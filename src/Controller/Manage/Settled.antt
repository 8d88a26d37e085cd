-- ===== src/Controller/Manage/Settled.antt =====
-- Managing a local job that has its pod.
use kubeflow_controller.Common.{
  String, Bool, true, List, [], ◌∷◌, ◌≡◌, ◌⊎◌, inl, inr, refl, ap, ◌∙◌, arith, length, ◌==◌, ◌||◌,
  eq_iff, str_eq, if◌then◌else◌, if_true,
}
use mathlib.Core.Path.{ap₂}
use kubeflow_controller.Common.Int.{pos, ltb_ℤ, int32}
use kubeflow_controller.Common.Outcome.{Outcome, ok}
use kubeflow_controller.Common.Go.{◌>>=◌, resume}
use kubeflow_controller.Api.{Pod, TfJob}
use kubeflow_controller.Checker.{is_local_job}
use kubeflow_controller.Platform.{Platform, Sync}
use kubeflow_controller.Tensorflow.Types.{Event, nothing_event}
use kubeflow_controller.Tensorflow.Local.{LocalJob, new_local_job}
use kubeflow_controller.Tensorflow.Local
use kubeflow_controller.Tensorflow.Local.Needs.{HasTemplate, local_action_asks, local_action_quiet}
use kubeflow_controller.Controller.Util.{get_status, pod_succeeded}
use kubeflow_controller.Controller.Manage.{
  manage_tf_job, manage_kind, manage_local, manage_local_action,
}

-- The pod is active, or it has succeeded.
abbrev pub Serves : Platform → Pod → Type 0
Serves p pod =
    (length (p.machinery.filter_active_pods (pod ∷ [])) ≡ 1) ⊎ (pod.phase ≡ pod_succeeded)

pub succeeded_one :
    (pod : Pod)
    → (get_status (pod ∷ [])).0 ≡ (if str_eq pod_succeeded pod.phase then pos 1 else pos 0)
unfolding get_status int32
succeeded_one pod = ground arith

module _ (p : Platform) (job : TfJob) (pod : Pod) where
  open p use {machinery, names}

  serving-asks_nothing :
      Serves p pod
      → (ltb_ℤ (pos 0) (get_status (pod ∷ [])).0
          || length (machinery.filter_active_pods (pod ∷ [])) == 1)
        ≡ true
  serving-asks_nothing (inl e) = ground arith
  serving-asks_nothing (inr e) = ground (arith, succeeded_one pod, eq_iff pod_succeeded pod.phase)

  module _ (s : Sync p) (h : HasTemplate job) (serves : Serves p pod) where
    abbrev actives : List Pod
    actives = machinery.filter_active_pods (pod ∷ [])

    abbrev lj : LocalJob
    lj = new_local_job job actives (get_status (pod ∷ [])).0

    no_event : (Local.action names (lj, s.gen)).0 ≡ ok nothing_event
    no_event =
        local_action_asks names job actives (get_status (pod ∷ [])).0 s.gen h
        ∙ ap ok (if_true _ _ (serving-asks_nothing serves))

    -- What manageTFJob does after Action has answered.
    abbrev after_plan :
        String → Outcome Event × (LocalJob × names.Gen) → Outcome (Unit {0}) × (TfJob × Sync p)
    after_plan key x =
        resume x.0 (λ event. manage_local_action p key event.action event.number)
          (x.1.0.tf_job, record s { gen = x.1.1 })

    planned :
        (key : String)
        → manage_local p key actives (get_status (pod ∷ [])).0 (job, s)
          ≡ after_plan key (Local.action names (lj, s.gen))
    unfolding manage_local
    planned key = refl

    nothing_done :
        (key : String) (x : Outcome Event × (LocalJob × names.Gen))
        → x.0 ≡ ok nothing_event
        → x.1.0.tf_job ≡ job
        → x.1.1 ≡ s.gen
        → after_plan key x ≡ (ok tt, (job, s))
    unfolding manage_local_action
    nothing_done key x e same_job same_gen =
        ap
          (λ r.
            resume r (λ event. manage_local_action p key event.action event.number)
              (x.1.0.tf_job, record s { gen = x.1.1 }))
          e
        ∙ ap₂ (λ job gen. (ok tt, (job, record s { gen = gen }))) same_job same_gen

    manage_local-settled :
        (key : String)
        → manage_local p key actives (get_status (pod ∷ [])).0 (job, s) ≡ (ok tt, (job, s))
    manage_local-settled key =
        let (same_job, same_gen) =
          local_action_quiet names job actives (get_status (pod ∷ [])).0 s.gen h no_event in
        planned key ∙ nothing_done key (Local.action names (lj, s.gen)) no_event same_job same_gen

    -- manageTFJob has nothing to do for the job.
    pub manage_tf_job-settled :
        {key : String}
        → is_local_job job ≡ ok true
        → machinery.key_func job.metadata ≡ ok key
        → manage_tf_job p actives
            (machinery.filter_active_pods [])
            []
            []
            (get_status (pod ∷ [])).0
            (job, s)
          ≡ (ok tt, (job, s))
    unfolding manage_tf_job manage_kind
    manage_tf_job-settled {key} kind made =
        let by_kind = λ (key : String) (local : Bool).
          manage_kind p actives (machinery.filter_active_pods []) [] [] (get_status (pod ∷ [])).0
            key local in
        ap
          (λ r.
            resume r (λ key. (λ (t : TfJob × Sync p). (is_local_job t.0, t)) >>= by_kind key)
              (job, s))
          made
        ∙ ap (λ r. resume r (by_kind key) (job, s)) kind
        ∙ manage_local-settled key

────────────────────

◆ TASK GOAL ◆
Only a number is wanted here: how many lines of the records above contain "unfolding".

◆ WORKED SOLUTION ◆
4